MEMBANDUNG JAKARTA SOLUSI ATAU SENSASI
“Kalau hujan, pasti Jakarta banjir..” itulah ungkapan yang
selalu terlontar oleh penduduk Jakarta ketika hujan mulai turun di wilayah Jakarta. Sampai kapan banjir akan melanda Jakarta, jika hujan turun??? Bisakah Jakarta bebas dari banjir??? Itu merupakan keinginan dari setiap penduduk Jakarta. Berbagai macam kerugian yang mengancam jika banjir melanda, bahkan nyawa pun terancam melayang. Bahkan pada tahun 1996, 2002, dan 2007 Jakarta lumpuh total, kondisi ini sangat menyedihkan. Penurunan muka tanah (land subsidence) di Ibu Kota terus terjadi dan mencapai 3,98 cm per tahun. Data terbaru 2010 menyebutkan sebanyak 40 persen wilayah Jakarta berada di bawah permukaan laut. Data ini keluar berdasarkan hasil penelitian konsorsium Jakarta Coastal
Defence Strategy (JCDS). Hal ini menjadikan Jakarta selalu mengalami banjir rob dikala musim penghujan . Banjir yang terjadi di Jakarta bukan semata- mata merupakan kesalahan pada wilayah Jakarta saja, melainkan daerah sekitarnya. Sering kita dengar, jika banjir terjadi penduduk selalu berkata “banjir kiriman
dari Bogor datang lagi....” ungkapan penduduk tersebut tidak salah, karena bagian hulu salah satu sungai
besar di Jakarta yaitu Sungai Ciliwung yang terletak di perbatasan Kabupaten Bogor dan Kabupaten Cianjur, atau tepatnya di Gunung Gede, Gunung Pangrango dan daerah Puncak.

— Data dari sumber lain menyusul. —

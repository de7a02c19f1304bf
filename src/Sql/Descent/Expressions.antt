-- ===== src/Sql/Descent/Expressions.antt =====
-- parser/sql.lalrpop: the expressions of the grammar: each takes a token.
pub mod Sound
pub mod Complete
use kui_ba_db.Base.{
  ℕ, zero, suc, Bytes, ◌≤◌, ◌<◌, ◌≡◌, refl, sym, ap, ◌∙◌, arith, Bool, true, false, Bool-cases,
  Option-cases, inl, inr, Option, none, some, length, List, [], ◌∷◌, ◌==◌, ==_iff, if◌then◌else◌,
}
use mathlib.Core.Logic.{◌↔◌}
use mathlib.Core.Path.{subst}
use kui_ba_db.Base.Int.{ℤ}
use kui_ba_db.Base.Text.{parse_i32}
use kui_ba_db.Sql.Syntax.{Expr, a_const, NumVal, int, float, num, str, in_place}
use kui_ba_db.Sql.Grammar.{
  Token, keyword, lowercase_id, id, decimal, integer, xb, punct, Input, step, Eats,
}
use kui_ba_db.Sql.Grammar.Terms.{
  IOrFConst, decimal_const, int_const, big_const, Sconst, quoted, AexprConst, number, text, AExpr,
  add, lvl1, Lvl1, mul, lvl2, Lvl2, sign, c_expr, CExpr, atom, paren,
}
use kui_ba_db.Sql.Descent.Actions.{is_add, is_mul, binary_at, unary_at, constant_at}
use kui_ba_db.Sql.Descent.{
  Parser, ◌>>=◌, punctuation, marked_by, sequence, read_integer, expr_with, closed_by, closed,
  signed, operand_from, parse_operand, parse_expr,
}
use kui_ba_db.Sql.Descent.Loop.{
  Eats-size, punctuation-Eats, Eats-punctuation, Eats-not_punctuation, Follows, Follows-first,
  Follows-next, Follows-end, sequence_sound,
}

-- No operator stands next.
abbrev pub Ends : Input → Type 0
Ends b = (punctuation is_add b ≡ none) × (punctuation is_mul b ≡ none)

pub IOrFConst-size : {a b : Input} {v : NumVal} → IOrFConst a b v → length b.rest < length a.rest
IOrFConst-size {a} {b} (decimal_const e) = omega (arith, Eats-size _ a b e)
IOrFConst-size {a} {b} (int_const e p) = omega (arith, Eats-size _ a b e)
IOrFConst-size {a} {b} (big_const e p) = omega (arith, Eats-size _ a b e)

AexprConst-size : {a b : Input} {x : Expr} → AexprConst a b x → length b.rest < length a.rest
AexprConst-size (number d) = IOrFConst-size d
AexprConst-size {a} {b} (text (quoted e)) = omega (arith, Eats-size _ a b e)

-- A derived expression takes a token.
mutual
  pub AExpr-less : {a b : Input} {x : Expr} → AExpr a b x → length b.rest < length a.rest
  AExpr-less (add {b = b} {c = c} l e h r) =
      omega (arith, AExpr-less l, Eats-size _ b c e, Lvl1-less r)
  AExpr-less (lvl1 x) = Lvl1-less x

  pub Lvl1-less : {a b : Input} {x : Expr} → Lvl1 a b x → length b.rest < length a.rest
  Lvl1-less (mul {b = b} {c = c} l e h r) =
      omega (arith, Lvl1-less l, Eats-size _ b c e, Lvl2-less r)
  Lvl1-less (lvl2 x) = Lvl2-less x

  pub Lvl2-less : {a b : Input} {x : Expr} → Lvl2 a b x → length b.rest < length a.rest
  Lvl2-less (sign {a = a} {b = b} e h r) = omega (arith, Eats-size _ a b e, Lvl2-less r)
  Lvl2-less (c_expr x) = CExpr-less x

  CExpr-less : {a b : Input} {x : Expr} → CExpr a b x → length b.rest < length a.rest
  CExpr-less (atom x) = AexprConst-size x
  CExpr-less (paren {a = a} {b = b} {c = c} {d = d} e x e') =
      omega (arith, Eats-size _ a b e, AExpr-less x, Eats-size _ c d e')
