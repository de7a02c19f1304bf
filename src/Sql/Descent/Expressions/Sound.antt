-- ===== src/Sql/Descent/Expressions/Sound.antt =====
-- parser/sql.lalrpop: what the recursive descent reads as an expression, the grammar derives.
use kui_ba_db.Base.{
  ℕ, zero, suc, Bytes, ◌≡◌, refl, arith, true, Bool-cases, inl, inr, Option, none, some, ◌==◌,
  ==_iff,
}
use mathlib.Core.Path.{subst}
use kui_ba_db.Base.Int.{ℤ}
use kui_ba_db.Base.Text.{parse_i32}
use kui_ba_db.Sql.Syntax.{Expr}
use kui_ba_db.Sql.Grammar.{
  Token, keyword, lowercase_id, id, decimal, integer, xb, punct, Input, step, Eats,
}
use kui_ba_db.Sql.Grammar.Terms.{
  IOrFConst, decimal_const, int_const, big_const, quoted, number, text, AExpr, add, lvl1, Lvl1, mul,
  lvl2, Lvl2, sign, c_expr, atom, paren,
}
use kui_ba_db.Sql.Descent.Actions.{is_add-AddOp, is_mul-MulOp, is_add, is_mul, binary_at, unary_at}
use kui_ba_db.Sql.Descent.{
  Parser, ◌>>=◌, punctuation, sequence, read_integer, expr_with, closed_by, closed, signed,
  operand_from, parse_operand,
}
use kui_ba_db.Sql.Descent.Loop.{punctuation-Eats, sequence_sound}
use kui_ba_db.Sql.Descent.Expressions.{Ends}

pub absurd_none : {A : Type 0} {B : Type 0} {x : A} → none ≡ some x → B
absurd_none e = cc

pub returned :
    {A : Type 0} (D : Input → A → Type 0) (x y : A) (b c : Input)
    → ◌≡◌ {A = Option (A × Input)} (some (x, c)) (some (y, b))
    → D c x
    → D b y
returned D x y b c e d =
    let ex : x ≡ y = ground arith in
    let eb : c ≡ b = ground arith in subst (λ t. D t y) eb (subst (λ t. D c t) ex d)

pub read_integer-IOrFConst :
    (a b : Input) (s : Bytes) → Eats (integer s) a b → IOrFConst a b (read_integer s (parse_i32 s))
unfolding read_integer
read_integer-IOrFConst a b s e = go (parse_i32 s) refl
  where
    go : (o : Option ℤ) → parse_i32 s ≡ o → IOrFConst a b (read_integer s o)
    go none at = big_const e at
    go (some v) at = int_const e at

-- What an operand parser reads is derived.
module _ (operand : Parser Expr)
    (sound : (a b : Input) (x : Expr) → operand a ≡ some (x, b) → Lvl2 a b x) where
  term_sound :
      (a b : Input) (x : Expr)
      → sequence is_mul operand binary_at (λ y. y) a ≡ some (x, b)
      → Lvl1 a b x × (punctuation is_mul b ≡ none)
  term_sound =
      sequence_sound is_mul operand binary_at (λ y. y) Lvl2 Lvl1 (λ a b y d. lvl2 d)
        (λ a b c d l o r dl e h dr. mul dl e (is_mul-MulOp o h) dr) sound

  pub expr_with_sound :
      (a b : Input) (x : Expr) → expr_with operand a ≡ some (x, b) → AExpr a b x × Ends b
  unfolding expr_with
  expr_with_sound a b x h =
      let (both, add_stops) =
        sequence_sound is_add (sequence is_mul operand binary_at (λ y. y)) binary_at (λ y. y)
          (λ a b y. Lvl1 a b y × (punctuation is_mul b ≡ none))
          (λ a b y. AExpr a b y × (punctuation is_mul b ≡ none)) (λ a b y d. (lvl1 d.0, d.1))
          (λ a b c d l o r dl e h dr. (add dl.0 e (is_add-AddOp o h) dr.0, dr.1)) term_sound a b x
          h in
      (both.0, (add_stops, both.1))

  signed_sound :
      (a b c : Input) (o : ℕ) (x : Expr) (r : Option (Expr × Input))
      → Eats (punct o) a c
      → is_add o ≡ true
      → operand c ≡ r
      → (r >>= λ y. some (signed a o y)) ≡ some (x, b)
      → Lvl2 a b x
  unfolding signed
  signed_sound a b c o x none e h at got = cc
  signed_sound a b c o x (some (y, d)) e h at got =
      returned (Lvl2 a) (unary_at a o y d) x b d got (sign e (is_add-AddOp o h) (sound c d y at))

  closed_sound :
      (a b c : Input) (x : Expr) (r : Option (Expr × Input))
      → Eats (punct b'(') a c
      → expr_with operand c ≡ r
      → (r >>= λ y. closed y) ≡ some (x, b)
      → Lvl2 a b x
  unfolding closed
  closed_sound a b c x none e at got = cc
  closed_sound a b c x (some (y, d)) e at got = go (punctuation (λ o. o == b')') d) refl got
    where
      go :
          (m : Option (ℕ × Input))
          → punctuation (λ o. o == b')') d ≡ m
          → closed_by y m ≡ some (x, b)
          → Lvl2 a b x
      go none m h = unfold closed_by in cc
      go (some (o, d')) m h =
          let (eats, mark) = punctuation-Eats (λ o. o == b')') d d' o m in
          let bracket : o ≡ b')' = (==_iff o b')').0 mark in
          returned (Lvl2 a) y x b d' (unfold closed_by in h) (
            c_expr (
              paren e (expr_with_sound c d y at).0 (subst (λ t. Eats (punct t) d d') bracket eats)))

  operand_from_sound :
      (a b : Input) (x : Expr) (r : Option (Token × Input))
      → step a ≡ r
      → operand_from operand a r ≡ some (x, b)
      → Lvl2 a b x
  unfolding operand_from
  operand_from_sound a b x none at h = cc
  operand_from_sound a b x (some (decimal s, c)) at h =
      returned (Lvl2 a) _ x b c h (c_expr (atom (number (decimal_const at))))
  operand_from_sound a b x (some (integer s, c)) at h =
      returned (Lvl2 a) _ x b c h (c_expr (atom (number (read_integer-IOrFConst a c s at))))
  operand_from_sound a b x (some (xb s, c)) at h =
      returned (Lvl2 a) _ x b c h (c_expr (atom (text (quoted at))))
  operand_from_sound a b x (some (punct o, c)) at h = elim (Bool-cases (is_add o)) [
    | inl yes_add ↦ signed_sound a b c o x (operand c) at yes_add refl (rw yes_add at h)
    | inr no_add ↦ elim (Bool-cases (o == b'(')) [
      | inl bracket ↦
          closed_sound a b c x (expr_with operand c)
            (subst (λ t. Eats (punct t) a c) ((==_iff o b'(').0 bracket) at) refl
            (rw (no_add, bracket) at h)
      | inr other ↦ absurd_none (rw (no_add, other) at h)
    ]
  ]
  operand_from_sound a b x (some (keyword k, c)) at h = cc
  operand_from_sound a b x (some (lowercase_id v, c)) at h = cc
  operand_from_sound a b x (some (id v, c)) at h = cc

pub parse_operand_sound :
    (n : ℕ) (a b : Input) (x : Expr) → parse_operand n a ≡ some (x, b) → Lvl2 a b x
unfolding parse_operand
parse_operand_sound zero a b x h = cc
parse_operand_sound (suc n) a b x h =
    operand_from_sound (parse_operand n) (parse_operand_sound n) a b x (step a) refl h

Peningkatan aktivitas pariwisata di kawasan hulu Sungai Ciliwung tersebut sangat mengganggu daerah resapan bagian hulu sungai dan menyebabkan semakin kecilnya daerah aliran sungai yang menyebabkan derasnya aliran air Sungai Ciliwung yang bermuara di bagian hilir sungai, yaitu bagian utara Jakarta.
“ Indonesia berada di garis equator bumi ”, beresiko jadi yang pertama kali mendapat dampak dari
pemanasan gobal (global warming). Efek pemanasan global sekarang semakin terlihat, misalnya intensitas curah hujan yang semakin tinggi, perubahan jumlah dan pola presipitasi, suhu global cenderung meningkat serta naiknya permukaan air laut. Berbagai macam upaya penanggulangan pun mulai dipikirkan untuk menghindari isu akan tenggelamnya Jakarta dimasa yang akan dating seperti Banjir Kanal Barat dan Timur yang sampai sekarang dinilai belum berhasil memberi dampak yang signifikan.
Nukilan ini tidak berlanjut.